→ Task requirements: Of all the entries below, retype only the lines from the one with "is_pending_reason pending = true" through the one with "is_pending (unprotected branch", exactly as they appear.

→ Records for the exercise:
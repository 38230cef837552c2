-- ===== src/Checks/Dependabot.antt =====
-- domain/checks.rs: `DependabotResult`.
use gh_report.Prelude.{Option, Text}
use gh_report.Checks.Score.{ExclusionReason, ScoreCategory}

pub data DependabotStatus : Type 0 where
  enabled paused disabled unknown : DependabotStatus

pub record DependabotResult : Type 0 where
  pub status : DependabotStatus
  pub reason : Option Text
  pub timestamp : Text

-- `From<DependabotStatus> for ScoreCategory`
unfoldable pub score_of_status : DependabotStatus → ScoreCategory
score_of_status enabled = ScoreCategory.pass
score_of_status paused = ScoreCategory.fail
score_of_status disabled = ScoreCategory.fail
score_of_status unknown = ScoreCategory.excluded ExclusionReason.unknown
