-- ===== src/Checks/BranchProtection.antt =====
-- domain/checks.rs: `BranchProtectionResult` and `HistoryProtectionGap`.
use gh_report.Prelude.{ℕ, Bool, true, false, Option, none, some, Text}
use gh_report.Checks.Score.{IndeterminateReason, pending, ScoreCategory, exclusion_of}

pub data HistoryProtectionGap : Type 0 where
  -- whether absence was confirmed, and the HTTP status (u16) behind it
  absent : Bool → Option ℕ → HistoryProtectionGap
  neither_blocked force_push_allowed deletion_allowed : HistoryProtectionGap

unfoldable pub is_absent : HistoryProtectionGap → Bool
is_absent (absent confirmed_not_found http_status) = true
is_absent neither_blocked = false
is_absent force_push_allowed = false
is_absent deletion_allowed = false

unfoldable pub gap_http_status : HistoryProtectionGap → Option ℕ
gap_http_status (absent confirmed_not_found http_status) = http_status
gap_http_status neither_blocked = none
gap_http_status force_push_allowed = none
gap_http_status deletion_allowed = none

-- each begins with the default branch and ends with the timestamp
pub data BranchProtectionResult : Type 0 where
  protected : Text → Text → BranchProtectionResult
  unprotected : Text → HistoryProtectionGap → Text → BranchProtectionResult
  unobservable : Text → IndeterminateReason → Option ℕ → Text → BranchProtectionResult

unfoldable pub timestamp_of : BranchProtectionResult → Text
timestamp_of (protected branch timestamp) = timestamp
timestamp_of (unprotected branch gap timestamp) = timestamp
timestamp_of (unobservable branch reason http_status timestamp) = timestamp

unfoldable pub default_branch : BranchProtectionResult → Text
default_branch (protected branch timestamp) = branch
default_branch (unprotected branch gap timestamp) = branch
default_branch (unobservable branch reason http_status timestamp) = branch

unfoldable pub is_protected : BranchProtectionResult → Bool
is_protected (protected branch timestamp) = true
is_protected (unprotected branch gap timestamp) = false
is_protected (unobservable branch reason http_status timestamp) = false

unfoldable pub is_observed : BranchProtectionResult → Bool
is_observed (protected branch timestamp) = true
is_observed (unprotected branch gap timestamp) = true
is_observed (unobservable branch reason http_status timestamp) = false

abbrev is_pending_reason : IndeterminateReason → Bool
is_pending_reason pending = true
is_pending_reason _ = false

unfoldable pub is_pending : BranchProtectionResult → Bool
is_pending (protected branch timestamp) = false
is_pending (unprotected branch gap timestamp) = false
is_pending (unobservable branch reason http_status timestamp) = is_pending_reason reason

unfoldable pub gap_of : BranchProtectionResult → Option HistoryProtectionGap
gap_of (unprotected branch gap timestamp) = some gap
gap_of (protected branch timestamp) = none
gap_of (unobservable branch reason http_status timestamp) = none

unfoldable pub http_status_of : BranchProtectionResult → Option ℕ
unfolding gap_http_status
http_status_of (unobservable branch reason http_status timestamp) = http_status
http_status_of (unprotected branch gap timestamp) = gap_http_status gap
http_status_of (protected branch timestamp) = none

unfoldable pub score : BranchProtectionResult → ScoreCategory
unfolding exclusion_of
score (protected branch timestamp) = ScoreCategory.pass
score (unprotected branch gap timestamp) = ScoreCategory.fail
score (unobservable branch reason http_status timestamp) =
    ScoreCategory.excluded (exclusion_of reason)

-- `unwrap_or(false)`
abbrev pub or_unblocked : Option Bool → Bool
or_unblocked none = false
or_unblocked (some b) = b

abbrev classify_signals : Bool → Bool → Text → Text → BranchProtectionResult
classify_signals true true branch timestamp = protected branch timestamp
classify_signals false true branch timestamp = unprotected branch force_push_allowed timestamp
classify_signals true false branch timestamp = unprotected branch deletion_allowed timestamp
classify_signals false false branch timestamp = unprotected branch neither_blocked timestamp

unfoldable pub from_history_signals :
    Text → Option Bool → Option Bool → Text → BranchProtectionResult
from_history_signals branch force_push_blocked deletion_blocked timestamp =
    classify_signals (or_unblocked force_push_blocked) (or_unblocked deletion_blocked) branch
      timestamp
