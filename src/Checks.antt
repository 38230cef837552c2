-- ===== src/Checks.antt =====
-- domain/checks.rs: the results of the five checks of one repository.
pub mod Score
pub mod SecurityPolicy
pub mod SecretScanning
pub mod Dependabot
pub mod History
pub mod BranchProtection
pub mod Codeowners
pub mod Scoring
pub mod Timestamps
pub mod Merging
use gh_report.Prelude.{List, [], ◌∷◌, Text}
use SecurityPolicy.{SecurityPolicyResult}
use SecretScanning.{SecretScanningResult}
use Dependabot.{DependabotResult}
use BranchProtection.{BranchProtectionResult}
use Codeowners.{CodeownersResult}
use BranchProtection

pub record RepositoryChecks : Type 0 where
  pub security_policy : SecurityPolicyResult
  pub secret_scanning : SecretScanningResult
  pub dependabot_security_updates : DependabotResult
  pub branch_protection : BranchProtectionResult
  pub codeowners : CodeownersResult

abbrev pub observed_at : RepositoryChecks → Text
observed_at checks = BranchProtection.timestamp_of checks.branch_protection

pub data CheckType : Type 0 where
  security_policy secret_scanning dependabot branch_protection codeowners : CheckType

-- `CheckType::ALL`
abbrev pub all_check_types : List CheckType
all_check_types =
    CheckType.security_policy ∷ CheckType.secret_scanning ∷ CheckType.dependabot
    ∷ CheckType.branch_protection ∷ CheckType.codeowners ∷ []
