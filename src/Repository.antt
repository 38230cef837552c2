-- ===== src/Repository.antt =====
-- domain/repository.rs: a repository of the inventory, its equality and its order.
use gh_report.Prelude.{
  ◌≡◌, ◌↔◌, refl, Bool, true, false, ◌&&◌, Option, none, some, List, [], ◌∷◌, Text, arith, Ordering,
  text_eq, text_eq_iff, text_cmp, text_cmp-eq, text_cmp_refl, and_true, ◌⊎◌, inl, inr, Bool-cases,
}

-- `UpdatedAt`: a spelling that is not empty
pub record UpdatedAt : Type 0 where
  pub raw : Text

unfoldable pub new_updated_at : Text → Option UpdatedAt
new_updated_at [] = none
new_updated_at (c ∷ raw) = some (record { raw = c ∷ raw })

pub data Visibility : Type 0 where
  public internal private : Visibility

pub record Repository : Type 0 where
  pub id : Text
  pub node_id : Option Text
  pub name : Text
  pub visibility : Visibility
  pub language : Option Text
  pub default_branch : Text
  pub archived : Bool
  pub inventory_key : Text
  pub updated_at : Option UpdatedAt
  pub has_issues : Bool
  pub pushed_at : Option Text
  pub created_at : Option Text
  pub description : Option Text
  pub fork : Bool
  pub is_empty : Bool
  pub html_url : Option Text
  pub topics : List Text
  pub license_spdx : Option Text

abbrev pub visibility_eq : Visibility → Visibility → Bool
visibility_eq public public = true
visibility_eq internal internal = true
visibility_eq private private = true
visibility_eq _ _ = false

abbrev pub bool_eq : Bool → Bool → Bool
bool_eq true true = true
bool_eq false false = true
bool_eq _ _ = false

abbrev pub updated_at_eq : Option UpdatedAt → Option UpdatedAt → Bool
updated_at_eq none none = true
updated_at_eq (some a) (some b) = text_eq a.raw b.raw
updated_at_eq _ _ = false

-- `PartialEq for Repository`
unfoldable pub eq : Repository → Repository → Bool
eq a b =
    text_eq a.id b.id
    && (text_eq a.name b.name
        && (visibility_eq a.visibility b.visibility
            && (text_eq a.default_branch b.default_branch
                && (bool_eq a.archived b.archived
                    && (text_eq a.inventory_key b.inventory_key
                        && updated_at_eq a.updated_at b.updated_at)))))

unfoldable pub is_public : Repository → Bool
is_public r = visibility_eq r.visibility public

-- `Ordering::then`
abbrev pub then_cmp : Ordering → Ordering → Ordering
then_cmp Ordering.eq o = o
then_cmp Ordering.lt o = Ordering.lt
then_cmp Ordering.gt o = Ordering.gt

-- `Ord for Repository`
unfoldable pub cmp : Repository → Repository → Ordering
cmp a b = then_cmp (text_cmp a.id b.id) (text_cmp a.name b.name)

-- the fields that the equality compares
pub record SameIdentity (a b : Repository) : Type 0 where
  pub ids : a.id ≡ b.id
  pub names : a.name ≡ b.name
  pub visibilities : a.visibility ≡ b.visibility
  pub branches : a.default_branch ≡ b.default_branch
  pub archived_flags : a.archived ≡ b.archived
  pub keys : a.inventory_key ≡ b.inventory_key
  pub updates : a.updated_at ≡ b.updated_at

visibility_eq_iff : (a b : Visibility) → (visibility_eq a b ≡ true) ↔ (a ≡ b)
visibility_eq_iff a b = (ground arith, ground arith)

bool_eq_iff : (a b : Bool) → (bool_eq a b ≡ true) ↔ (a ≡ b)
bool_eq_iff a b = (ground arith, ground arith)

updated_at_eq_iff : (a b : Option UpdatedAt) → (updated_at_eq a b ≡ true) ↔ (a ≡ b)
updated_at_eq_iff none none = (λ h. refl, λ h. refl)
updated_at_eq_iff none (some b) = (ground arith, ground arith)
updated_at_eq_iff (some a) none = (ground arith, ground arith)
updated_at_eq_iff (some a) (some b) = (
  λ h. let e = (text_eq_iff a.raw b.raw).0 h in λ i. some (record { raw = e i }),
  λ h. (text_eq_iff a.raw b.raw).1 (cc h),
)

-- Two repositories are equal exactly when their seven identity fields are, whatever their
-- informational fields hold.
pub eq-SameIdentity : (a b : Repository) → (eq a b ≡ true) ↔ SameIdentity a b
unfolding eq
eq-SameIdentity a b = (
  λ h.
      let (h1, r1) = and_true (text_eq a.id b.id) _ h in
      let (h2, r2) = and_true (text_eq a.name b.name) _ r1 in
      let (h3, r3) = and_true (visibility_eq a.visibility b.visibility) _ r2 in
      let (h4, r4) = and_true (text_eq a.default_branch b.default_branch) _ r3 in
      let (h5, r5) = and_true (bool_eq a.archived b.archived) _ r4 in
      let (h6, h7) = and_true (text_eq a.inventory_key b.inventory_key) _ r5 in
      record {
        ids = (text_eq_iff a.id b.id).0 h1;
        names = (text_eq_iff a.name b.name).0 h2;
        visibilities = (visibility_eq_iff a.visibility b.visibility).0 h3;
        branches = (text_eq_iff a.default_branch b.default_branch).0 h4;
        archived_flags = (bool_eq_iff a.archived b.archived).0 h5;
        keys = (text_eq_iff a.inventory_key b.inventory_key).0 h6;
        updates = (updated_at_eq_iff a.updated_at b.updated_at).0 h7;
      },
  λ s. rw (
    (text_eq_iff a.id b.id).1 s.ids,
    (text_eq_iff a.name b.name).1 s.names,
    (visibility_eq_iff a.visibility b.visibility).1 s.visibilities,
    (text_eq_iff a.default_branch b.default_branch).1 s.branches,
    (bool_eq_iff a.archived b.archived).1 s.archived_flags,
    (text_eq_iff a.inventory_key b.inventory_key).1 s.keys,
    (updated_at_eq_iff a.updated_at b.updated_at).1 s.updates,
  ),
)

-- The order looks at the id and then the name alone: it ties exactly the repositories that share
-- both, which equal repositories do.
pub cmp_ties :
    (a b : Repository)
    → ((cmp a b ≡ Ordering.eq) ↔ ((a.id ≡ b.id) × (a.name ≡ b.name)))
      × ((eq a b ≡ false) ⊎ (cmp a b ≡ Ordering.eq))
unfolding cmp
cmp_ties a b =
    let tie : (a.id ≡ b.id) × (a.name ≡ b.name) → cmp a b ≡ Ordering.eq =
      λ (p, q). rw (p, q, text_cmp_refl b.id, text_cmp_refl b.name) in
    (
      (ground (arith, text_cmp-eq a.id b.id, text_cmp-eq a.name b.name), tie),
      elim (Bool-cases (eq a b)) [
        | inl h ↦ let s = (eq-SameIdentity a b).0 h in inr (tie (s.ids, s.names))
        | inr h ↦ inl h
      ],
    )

==

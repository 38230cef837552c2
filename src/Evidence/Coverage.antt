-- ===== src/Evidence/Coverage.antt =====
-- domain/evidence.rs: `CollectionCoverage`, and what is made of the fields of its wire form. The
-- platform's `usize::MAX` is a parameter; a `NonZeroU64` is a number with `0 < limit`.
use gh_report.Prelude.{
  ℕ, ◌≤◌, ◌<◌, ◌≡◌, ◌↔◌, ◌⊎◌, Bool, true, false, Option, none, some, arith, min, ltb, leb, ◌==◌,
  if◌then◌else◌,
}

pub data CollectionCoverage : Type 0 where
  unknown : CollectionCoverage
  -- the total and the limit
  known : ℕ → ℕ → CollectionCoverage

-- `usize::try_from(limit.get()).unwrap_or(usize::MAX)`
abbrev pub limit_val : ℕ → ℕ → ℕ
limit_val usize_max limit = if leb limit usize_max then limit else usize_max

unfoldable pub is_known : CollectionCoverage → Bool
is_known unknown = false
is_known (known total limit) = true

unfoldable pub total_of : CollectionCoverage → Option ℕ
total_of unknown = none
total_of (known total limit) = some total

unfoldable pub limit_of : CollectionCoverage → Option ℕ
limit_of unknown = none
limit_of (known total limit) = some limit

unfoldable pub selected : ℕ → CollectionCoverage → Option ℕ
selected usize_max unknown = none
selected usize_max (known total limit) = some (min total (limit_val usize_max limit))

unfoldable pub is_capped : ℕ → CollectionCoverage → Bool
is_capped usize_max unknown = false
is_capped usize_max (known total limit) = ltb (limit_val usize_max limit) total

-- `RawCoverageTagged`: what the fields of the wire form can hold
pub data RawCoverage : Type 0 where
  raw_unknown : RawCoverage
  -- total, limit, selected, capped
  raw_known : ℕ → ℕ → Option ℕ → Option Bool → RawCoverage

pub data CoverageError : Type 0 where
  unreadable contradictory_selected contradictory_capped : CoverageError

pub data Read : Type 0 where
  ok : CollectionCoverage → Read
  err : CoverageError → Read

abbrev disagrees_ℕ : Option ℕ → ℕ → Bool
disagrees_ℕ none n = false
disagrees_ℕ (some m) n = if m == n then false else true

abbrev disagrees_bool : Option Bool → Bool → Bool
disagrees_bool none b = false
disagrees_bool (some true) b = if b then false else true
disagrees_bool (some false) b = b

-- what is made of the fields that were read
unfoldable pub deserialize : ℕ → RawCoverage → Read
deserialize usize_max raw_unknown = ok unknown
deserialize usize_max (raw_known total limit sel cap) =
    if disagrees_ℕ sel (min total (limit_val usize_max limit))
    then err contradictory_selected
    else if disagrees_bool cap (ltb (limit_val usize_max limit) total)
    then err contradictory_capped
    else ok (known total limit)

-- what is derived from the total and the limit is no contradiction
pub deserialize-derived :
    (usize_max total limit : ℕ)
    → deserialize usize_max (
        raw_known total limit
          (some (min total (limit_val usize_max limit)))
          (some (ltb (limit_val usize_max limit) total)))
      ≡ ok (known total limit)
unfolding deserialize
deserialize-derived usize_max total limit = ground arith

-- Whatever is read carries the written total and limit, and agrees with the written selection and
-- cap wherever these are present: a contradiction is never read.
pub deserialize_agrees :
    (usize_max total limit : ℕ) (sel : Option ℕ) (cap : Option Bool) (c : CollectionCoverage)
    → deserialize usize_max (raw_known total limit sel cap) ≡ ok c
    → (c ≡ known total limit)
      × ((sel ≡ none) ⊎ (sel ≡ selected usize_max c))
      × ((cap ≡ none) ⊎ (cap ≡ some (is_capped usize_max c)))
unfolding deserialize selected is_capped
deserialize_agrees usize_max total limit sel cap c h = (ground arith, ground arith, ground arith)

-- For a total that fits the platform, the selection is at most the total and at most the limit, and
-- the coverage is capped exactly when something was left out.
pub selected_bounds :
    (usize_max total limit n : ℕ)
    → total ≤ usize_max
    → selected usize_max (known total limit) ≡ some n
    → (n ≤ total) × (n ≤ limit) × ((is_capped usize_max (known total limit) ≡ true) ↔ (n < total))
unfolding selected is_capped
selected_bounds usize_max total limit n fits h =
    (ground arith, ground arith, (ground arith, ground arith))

→ Exercise result:
is_pending_reason pending = true
is_pending_reason _ = false

unfoldable pub is_pending : BranchProtectionResult → Bool
is_pending (protected branch timestamp) = false
is_pending (unprotected branch gap timestamp) = false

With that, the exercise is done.